##### Working data
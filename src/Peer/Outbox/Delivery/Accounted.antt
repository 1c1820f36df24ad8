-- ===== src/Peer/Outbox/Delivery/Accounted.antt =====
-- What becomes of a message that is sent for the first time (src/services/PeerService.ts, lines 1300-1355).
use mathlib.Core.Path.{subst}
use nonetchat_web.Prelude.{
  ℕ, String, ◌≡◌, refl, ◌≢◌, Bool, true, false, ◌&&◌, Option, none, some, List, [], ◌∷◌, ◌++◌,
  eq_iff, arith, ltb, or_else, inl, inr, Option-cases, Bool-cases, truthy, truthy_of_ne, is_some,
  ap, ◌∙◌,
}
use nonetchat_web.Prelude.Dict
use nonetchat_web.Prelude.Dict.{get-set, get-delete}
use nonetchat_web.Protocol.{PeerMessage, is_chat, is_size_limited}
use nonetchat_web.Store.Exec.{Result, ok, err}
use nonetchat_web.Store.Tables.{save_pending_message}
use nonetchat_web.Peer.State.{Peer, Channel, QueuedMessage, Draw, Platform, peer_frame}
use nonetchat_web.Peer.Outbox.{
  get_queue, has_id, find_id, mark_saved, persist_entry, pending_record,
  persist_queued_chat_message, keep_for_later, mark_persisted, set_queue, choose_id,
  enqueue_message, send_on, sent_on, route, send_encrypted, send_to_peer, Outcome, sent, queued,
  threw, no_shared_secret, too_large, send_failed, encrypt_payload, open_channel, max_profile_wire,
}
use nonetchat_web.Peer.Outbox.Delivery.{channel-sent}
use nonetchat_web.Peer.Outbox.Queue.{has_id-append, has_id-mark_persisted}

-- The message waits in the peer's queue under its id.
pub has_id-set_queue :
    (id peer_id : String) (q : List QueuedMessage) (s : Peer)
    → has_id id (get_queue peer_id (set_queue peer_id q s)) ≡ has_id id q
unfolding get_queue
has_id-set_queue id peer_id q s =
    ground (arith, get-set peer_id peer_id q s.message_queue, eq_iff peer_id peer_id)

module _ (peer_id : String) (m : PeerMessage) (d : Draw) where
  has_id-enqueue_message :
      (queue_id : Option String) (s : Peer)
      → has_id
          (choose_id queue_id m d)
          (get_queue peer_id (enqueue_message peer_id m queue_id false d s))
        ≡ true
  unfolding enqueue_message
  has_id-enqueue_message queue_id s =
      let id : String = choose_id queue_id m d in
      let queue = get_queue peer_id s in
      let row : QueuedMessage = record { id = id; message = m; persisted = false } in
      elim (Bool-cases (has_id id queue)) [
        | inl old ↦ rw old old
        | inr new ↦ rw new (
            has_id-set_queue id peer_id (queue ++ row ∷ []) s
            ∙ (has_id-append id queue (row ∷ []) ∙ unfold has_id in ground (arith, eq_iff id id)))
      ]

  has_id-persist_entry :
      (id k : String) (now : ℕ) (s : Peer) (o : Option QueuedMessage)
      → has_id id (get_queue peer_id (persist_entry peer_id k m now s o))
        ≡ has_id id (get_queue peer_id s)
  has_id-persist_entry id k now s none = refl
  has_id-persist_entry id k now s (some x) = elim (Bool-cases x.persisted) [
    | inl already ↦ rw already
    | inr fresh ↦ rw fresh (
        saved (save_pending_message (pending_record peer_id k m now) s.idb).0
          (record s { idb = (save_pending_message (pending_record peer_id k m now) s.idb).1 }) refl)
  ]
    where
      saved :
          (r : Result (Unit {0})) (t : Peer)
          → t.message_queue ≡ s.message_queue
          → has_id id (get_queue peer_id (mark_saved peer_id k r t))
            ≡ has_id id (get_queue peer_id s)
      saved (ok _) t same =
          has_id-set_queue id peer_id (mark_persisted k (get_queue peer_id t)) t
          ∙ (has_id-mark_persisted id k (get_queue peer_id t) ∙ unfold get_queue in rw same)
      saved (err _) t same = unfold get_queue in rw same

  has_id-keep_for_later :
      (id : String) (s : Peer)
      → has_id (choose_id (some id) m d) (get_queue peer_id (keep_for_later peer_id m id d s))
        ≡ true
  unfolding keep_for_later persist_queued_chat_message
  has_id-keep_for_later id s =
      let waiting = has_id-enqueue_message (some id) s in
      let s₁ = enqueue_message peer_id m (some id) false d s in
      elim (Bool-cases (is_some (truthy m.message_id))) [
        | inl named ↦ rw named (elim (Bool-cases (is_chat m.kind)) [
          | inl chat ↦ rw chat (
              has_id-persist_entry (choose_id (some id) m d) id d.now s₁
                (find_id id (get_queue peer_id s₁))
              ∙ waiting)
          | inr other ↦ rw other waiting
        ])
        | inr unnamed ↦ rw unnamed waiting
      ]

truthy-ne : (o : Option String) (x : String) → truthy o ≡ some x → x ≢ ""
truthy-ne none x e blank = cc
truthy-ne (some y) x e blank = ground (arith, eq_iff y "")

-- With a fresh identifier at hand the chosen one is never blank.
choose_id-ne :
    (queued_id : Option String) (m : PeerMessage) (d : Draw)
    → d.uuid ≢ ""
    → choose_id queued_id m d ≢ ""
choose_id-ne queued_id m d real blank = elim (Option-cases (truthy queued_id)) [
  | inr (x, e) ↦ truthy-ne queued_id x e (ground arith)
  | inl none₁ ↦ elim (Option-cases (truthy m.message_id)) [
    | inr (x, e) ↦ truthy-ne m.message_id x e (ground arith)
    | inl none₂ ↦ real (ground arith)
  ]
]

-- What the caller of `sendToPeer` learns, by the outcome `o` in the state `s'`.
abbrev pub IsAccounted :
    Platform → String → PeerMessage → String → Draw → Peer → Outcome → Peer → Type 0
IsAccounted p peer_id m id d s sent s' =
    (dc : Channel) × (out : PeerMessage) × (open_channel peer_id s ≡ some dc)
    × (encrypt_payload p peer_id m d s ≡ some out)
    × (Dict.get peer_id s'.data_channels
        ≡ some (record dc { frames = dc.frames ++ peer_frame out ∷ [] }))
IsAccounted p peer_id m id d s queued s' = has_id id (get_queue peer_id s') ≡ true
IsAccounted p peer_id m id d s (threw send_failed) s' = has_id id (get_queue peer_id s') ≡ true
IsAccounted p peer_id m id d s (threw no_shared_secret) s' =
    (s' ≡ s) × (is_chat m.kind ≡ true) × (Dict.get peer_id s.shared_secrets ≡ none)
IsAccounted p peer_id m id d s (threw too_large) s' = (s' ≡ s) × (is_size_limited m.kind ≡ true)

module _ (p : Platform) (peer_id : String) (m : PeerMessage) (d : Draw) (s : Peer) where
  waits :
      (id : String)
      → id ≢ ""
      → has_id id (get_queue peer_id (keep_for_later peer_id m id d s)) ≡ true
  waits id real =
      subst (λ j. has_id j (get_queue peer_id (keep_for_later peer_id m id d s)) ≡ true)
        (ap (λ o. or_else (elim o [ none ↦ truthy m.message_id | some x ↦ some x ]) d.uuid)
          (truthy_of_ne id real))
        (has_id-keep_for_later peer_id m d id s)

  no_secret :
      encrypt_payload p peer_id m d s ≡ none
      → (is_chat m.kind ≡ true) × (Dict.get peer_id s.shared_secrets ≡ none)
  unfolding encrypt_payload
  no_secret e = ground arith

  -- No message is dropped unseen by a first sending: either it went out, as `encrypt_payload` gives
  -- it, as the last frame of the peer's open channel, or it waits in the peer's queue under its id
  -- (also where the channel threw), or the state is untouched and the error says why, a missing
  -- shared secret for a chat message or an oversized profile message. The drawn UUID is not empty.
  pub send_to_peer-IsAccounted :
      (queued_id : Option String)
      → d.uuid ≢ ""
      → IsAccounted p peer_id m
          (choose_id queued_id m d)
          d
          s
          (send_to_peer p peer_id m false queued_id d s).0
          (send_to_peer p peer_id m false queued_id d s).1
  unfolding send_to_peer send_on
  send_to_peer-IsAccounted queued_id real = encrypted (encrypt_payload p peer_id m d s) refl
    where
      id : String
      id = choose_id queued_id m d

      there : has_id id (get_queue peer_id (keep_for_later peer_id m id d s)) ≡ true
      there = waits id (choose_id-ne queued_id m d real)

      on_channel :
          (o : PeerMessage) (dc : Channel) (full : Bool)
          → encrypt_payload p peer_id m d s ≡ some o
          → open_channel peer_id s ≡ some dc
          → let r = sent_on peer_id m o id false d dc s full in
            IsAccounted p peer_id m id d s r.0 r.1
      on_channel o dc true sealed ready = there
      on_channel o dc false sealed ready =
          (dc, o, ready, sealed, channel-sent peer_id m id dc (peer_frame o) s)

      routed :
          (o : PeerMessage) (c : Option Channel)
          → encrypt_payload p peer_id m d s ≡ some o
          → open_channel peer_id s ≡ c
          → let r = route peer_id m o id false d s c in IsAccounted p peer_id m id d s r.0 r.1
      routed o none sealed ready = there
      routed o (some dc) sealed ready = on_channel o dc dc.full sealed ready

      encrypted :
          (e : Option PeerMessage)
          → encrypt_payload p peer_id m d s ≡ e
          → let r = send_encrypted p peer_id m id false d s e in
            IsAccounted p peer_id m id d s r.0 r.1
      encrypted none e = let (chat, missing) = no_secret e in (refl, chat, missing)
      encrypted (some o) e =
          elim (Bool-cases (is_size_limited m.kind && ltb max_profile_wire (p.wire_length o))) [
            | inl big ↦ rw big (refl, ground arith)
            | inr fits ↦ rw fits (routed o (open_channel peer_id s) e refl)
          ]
##########
##### Working data
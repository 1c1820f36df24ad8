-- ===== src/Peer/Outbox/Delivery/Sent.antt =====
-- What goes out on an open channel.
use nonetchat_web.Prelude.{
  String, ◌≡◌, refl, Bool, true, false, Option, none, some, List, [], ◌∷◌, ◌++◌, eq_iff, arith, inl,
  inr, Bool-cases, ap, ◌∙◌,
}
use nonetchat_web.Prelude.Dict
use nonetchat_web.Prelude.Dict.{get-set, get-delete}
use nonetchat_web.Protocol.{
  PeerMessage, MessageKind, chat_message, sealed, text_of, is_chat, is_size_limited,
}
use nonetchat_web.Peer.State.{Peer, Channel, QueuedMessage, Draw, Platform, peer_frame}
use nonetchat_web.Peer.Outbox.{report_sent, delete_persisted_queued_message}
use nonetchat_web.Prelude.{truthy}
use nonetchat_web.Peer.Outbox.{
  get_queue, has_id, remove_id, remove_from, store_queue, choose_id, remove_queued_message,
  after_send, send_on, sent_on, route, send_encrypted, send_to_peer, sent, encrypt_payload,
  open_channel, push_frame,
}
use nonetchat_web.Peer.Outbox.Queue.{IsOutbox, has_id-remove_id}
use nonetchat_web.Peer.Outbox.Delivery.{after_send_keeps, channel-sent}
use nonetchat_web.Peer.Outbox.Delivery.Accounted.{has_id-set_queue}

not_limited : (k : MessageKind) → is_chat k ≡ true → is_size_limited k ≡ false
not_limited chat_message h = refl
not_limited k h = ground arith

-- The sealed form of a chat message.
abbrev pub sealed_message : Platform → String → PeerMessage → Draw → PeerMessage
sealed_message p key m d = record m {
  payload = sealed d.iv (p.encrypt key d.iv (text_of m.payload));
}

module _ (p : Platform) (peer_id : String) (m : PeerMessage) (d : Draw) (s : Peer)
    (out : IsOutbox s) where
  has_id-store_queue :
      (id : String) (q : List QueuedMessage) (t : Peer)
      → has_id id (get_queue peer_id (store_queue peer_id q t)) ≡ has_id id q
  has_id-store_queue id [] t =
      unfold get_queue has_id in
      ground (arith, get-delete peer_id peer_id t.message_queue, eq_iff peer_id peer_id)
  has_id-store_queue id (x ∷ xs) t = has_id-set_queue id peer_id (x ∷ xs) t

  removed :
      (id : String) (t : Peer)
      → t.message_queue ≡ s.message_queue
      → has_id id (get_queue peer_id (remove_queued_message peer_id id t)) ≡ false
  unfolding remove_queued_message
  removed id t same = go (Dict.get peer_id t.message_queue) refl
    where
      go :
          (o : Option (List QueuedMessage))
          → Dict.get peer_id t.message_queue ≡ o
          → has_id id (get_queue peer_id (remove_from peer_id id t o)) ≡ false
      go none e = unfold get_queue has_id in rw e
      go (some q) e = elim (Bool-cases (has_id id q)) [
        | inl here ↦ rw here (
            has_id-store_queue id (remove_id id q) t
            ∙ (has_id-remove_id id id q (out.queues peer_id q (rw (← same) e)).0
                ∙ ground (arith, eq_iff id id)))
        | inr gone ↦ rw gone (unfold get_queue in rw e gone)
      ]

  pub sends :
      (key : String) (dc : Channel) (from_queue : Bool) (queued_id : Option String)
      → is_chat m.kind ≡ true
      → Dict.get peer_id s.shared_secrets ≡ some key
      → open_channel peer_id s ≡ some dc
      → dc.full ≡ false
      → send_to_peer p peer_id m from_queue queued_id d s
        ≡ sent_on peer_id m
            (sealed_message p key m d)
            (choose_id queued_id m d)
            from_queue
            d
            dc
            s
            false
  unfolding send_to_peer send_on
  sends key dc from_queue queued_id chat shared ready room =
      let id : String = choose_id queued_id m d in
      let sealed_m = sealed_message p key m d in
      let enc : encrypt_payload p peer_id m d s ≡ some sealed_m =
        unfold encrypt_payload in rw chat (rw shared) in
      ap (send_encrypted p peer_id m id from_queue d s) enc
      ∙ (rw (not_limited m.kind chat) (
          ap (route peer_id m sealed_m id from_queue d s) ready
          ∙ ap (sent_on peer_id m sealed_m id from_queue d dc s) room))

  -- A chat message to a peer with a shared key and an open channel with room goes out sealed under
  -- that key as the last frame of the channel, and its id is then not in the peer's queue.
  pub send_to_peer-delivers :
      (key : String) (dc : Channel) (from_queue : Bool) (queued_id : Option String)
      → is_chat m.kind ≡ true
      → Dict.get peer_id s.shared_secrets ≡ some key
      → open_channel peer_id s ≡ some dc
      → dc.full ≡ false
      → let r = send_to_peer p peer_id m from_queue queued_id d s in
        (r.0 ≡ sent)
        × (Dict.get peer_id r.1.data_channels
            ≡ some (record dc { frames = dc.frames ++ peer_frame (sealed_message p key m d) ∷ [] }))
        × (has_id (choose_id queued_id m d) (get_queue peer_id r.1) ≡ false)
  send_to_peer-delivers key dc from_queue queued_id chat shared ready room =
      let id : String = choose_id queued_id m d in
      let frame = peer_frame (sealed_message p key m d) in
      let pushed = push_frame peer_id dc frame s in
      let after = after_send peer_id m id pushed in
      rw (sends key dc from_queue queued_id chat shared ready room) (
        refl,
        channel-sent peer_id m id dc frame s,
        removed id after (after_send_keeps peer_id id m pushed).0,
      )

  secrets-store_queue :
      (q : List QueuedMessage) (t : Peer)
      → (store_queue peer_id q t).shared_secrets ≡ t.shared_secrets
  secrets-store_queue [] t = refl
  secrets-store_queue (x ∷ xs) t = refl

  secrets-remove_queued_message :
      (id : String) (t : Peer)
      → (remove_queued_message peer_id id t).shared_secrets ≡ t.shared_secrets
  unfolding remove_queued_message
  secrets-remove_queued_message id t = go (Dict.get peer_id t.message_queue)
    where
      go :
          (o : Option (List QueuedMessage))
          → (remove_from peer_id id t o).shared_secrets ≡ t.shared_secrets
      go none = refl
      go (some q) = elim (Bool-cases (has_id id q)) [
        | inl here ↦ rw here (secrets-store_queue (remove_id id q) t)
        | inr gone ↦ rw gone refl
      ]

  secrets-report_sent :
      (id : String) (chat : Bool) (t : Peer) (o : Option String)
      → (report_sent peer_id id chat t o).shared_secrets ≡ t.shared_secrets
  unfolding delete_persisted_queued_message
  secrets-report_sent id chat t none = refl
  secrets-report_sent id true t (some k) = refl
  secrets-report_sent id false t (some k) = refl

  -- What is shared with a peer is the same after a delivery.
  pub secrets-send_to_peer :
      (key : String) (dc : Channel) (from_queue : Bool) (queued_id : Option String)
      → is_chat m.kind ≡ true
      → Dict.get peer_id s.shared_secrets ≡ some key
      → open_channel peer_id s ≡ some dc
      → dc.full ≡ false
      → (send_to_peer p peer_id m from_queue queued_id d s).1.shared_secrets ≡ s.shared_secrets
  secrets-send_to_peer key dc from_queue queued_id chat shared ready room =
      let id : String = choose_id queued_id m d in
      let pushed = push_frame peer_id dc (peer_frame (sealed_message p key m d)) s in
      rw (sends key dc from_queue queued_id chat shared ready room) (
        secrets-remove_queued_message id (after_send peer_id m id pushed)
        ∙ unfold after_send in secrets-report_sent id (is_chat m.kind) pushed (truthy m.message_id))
##########
##### Working data
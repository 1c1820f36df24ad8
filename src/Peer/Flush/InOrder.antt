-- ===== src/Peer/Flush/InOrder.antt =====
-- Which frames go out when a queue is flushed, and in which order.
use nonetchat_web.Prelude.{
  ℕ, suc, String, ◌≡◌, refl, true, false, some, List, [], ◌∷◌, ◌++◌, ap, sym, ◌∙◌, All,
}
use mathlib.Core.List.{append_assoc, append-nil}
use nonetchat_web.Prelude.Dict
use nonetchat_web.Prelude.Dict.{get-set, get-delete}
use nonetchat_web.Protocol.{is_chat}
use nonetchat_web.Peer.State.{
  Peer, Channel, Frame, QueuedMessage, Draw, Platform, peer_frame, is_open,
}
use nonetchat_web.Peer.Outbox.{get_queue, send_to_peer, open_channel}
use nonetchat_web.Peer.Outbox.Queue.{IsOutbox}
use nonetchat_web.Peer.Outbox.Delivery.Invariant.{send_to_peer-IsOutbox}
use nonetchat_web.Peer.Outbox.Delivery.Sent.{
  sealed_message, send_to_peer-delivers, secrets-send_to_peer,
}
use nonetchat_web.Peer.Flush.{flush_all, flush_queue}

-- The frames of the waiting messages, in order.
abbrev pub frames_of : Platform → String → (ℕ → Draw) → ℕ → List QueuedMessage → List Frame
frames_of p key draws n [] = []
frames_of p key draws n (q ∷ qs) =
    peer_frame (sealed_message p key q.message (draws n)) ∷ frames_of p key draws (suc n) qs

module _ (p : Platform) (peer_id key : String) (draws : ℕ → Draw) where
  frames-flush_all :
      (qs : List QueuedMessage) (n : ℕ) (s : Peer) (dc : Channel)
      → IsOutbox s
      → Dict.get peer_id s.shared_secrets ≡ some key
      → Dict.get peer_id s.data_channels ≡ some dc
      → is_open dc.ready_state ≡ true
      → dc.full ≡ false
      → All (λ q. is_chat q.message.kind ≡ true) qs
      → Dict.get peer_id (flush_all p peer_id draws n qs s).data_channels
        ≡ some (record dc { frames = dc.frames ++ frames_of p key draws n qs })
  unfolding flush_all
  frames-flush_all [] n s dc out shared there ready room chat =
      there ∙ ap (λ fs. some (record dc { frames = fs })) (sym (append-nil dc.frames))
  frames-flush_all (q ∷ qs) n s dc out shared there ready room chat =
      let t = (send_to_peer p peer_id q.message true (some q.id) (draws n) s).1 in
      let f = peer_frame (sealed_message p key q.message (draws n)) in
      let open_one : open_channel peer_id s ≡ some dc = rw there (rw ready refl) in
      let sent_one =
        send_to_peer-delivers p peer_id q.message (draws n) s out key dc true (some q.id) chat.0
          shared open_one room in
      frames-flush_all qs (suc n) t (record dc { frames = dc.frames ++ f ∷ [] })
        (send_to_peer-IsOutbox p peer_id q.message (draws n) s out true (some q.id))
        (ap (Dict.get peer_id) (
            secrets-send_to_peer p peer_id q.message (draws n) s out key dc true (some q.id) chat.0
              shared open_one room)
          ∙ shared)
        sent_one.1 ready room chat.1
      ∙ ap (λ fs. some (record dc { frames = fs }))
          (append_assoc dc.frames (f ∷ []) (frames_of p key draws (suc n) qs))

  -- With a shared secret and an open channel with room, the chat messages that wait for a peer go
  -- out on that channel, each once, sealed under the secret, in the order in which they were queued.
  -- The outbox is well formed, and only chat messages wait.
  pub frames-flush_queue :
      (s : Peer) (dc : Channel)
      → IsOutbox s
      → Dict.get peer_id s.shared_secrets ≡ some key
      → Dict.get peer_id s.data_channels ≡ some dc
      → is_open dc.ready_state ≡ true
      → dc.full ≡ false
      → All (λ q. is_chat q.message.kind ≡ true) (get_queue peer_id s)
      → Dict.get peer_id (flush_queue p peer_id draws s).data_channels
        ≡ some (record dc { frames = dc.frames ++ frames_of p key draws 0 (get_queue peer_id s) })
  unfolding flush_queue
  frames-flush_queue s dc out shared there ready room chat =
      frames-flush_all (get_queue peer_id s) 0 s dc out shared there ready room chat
##########
Work to complete = Send back exactly the lines of the listing above starting at the one with "(dc : Channel) ×" and ending at the one with "IsAccounted p peer_id m id d s (threw too_large)", inclusive, and no others.

Result of the task =
    (dc : Channel) × (out : PeerMessage) × (open_channel peer_id s ≡ some dc)
    × (encrypt_payload p peer_id m d s ≡ some out)
    × (Dict.get peer_id s'.data_channels
        ≡ some (record dc { frames = dc.frames ++ peer_frame out ∷ [] }))
IsAccounted p peer_id m id d s queued s' = has_id id (get_queue peer_id s') ≡ true
IsAccounted p peer_id m id d s (threw send_failed) s' = has_id id (get_queue peer_id s') ≡ true
IsAccounted p peer_id m id d s (threw no_shared_secret) s' =
    (s' ≡ s) × (is_chat m.kind ≡ true) × (Dict.get peer_id s.shared_secrets ≡ none)
IsAccounted p peer_id m id d s (threw too_large) s' = (s' ≡ s) × (is_size_limited m.kind ≡ true)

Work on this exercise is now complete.